■ **Dataset entries**:

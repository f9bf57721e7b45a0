-- ===== src/Psi/Transport/Pointing.antt =====
-- A section start put into a packet of `sec2ts_impl` that is begun.
use mathlib.Core.Path.{subst}
use mopa.Base.{
  ℕ, ◌+◌, ◌-◌, ◌<◌, ◌≡◌, refl, ap, ◌∙◌, arith, none, List, [], ◌∷◌, ◌++◌, true, false, length, take,
  drop, set, length-drop, length-set, ◌>>=◌, u8, le→leb, slice, overwrite, take-append,
}
use mopa.Psi.Extractor.{Memcpy, Extractor, Sections}
use mopa.Psi.Extractor.Whole.{join}
use mopa.Psi.Transport.Lengths.{CopiesInPlace, IsSent, AllSent}
use mopa.Psi.Packetizer.{Packetizer, fill_begun, make_pointer}
use mopa.Psi.Packetizer.Copying.{length-overwrite}
use mopa.Psi.Transport.Arrival.{Awaits, open_pointer, with_pointer}
use mopa.Psi.Transport.Layout.{move_up}
use mopa.Psi.Transport.Link.{Fits, Begun, Delivers}
use mopa.Psi.Transport.Delivery.{behind_lem, room_left}

module _ ⦃m : Memcpy⦄ ⦃place : CopiesInPlace⦄ {S : Type 0} where
  -- A section behind the end of another that is in a packet without a pointer field.
  pub pointed_lem :
      (fuel : ℕ) (s : List ℕ) (c : Packetizer S) (e : Extractor) (pending : Sections)
      → length s < fuel
      → Fits c
      → e.callback_set ≡ true
      → AllSent e.max_section_size pending
      → IsSent e.max_section_size s
      → c.pusi ≡ false
      → c.payload_end < 187
      → Begun c e (join pending)
      → Delivers ((make_pointer none >>= λ _. fill_begun none fuel s) c) e (pending ++ s ∷ [])
  unfolding make_pointer slice overwrite
  pointed_lem fuel s c e pending h fits set' all one unset room b =
      let awaits = subst (λ x. Awaits e x b.pointer c.cc b.kept) unset b.awaits in
      let plain = open_pointer e b.pointer c.cc b.kept awaits in
      let laid : drop 4 c.packet ≡ b.body ++ b.free =
        b.laid_out ∙ ap (λ x. (x ++ b.body) ++ b.free) plain in
      let end : c.payload_end ≡ 4 + length b.body =
        b.end_is ∙ ap (λ x. 4 + length (x ++ b.body)) plain in
      let len = c.payload_end - 4 in
      let len_is : len ≡ length b.body = omega (arith, end) in
      let begun_is : take len (drop 4 c.packet) ≡ b.body =
        ap (λ x. take len x) laid
        ∙ ap (λ n. take n (b.body ++ b.free)) len_is
        ∙ take-append b.body b.free in
      let moved = take 5 c.packet ++ (b.body ++ drop (5 + length b.body) c.packet) in
      let size : length moved ≡ 188 =
        length-overwrite c.packet 5 b.body (omega (arith, fits.size, end)) ∙ fits.size in
      let d : Packetizer S = record c {
        packet = set moved 4 len;
        payload_start = 4;
        payload_end = u8 (c.payload_end + 1);
        pusi = true;
      } in
      rw
        (
          unset,
          b.start,
          le→leb (4 + len) (length c.packet) (omega (arith, fits.size)),
          begun_is,
          le→leb (5 + length b.body) (length c.packet) (omega (arith, fits.size, end)),
        )
        (behind_lem fuel s d e pending h
          record {
            size = length-set moved 4 len ∙ size;
            pid_fits = fits.pid_fits;
            cc_fits = fits.cc_fits;
          }
          set' all one refl
          record {
            start = refl;
            pointer = len ∷ [];
            kept = b.kept;
            body = b.body;
            free = drop 1 b.free;
            laid_out =
                move_up c.packet b.body b.free len (omega (arith, fits.size)) laid b.some_room;
            end_is = omega (arith, end);
            some_room = omega (arith, length-drop 1 b.free, room_left c e _ fits b);
            awaits = with_pointer e b.pointer c.cc b.kept len awaits;
            so_far = b.so_far;
          })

■ **Description of the task**: Each record needs to be duplicated exactly as given.

■ **Task answer**:
repository f9bf57721e7b45a0
-- ===== src/Psi/Transport/Pointing.antt =====
-- A section start put into a packet of `sec2ts_impl` that is begun.
use mathlib.Core.Path.{subst}
use mopa.Base.{
  ℕ, ◌+◌, ◌-◌, ◌<◌, ◌≡◌, refl, ap, ◌∙◌, arith, none, List, [], ◌∷◌, ◌++◌, true, false, length, take,
  drop, set, length-drop, length-set, ◌>>=◌, u8, le→leb, slice, overwrite, take-append,
}
use mopa.Psi.Extractor.{Memcpy, Extractor, Sections}
use mopa.Psi.Extractor.Whole.{join}
use mopa.Psi.Transport.Lengths.{CopiesInPlace, IsSent, AllSent}
use mopa.Psi.Packetizer.{Packetizer, fill_begun, make_pointer}
use mopa.Psi.Packetizer.Copying.{length-overwrite}
use mopa.Psi.Transport.Arrival.{Awaits, open_pointer, with_pointer}
use mopa.Psi.Transport.Layout.{move_up}
use mopa.Psi.Transport.Link.{Fits, Begun, Delivers}
use mopa.Psi.Transport.Delivery.{behind_lem, room_left}

module _ ⦃m : Memcpy⦄ ⦃place : CopiesInPlace⦄ {S : Type 0} where
  -- A section behind the end of another that is in a packet without a pointer field.
  pub pointed_lem :
      (fuel : ℕ) (s : List ℕ) (c : Packetizer S) (e : Extractor) (pending : Sections)
      → length s < fuel
      → Fits c
      → e.callback_set ≡ true
      → AllSent e.max_section_size pending
      → IsSent e.max_section_size s
      → c.pusi ≡ false
      → c.payload_end < 187
      → Begun c e (join pending)
      → Delivers ((make_pointer none >>= λ _. fill_begun none fuel s) c) e (pending ++ s ∷ [])
  unfolding make_pointer slice overwrite
  pointed_lem fuel s c e pending h fits set' all one unset room b =
      let awaits = subst (λ x. Awaits e x b.pointer c.cc b.kept) unset b.awaits in
      let plain = open_pointer e b.pointer c.cc b.kept awaits in
      let laid : drop 4 c.packet ≡ b.body ++ b.free =
        b.laid_out ∙ ap (λ x. (x ++ b.body) ++ b.free) plain in
      let end : c.payload_end ≡ 4 + length b.body =
        b.end_is ∙ ap (λ x. 4 + length (x ++ b.body)) plain in
      let len = c.payload_end - 4 in
      let len_is : len ≡ length b.body = omega (arith, end) in
      let begun_is : take len (drop 4 c.packet) ≡ b.body =
        ap (λ x. take len x) laid
        ∙ ap (λ n. take n (b.body ++ b.free)) len_is
        ∙ take-append b.body b.free in
      let moved = take 5 c.packet ++ (b.body ++ drop (5 + length b.body) c.packet) in
      let size : length moved ≡ 188 =
        length-overwrite c.packet 5 b.body (omega (arith, fits.size, end)) ∙ fits.size in
      let d : Packetizer S = record c {
        packet = set moved 4 len;
        payload_start = 4;
        payload_end = u8 (c.payload_end + 1);
        pusi = true;
      } in
      rw
        (
          unset,
          b.start,
          le→leb (4 + len) (length c.packet) (omega (arith, fits.size)),
          begun_is,
          le→leb (5 + length b.body) (length c.packet) (omega (arith, fits.size, end)),
        )
        (behind_lem fuel s d e pending h
          record {
            size = length-set moved 4 len ∙ size;
            pid_fits = fits.pid_fits;
            cc_fits = fits.cc_fits;
          }
          set' all one refl
          record {
            start = refl;
            pointer = len ∷ [];
            kept = b.kept;
            body = b.body;
            free = drop 1 b.free;
            laid_out =
                move_up c.packet b.body b.free len (omega (arith, fits.size)) laid b.some_room;
            end_is = omega (arith, end);
            some_room = omega (arith, length-drop 1 b.free, room_left c e _ fits b);
            awaits = with_pointer e b.pointer c.cc b.kept len awaits;
            so_far = b.so_far;
          })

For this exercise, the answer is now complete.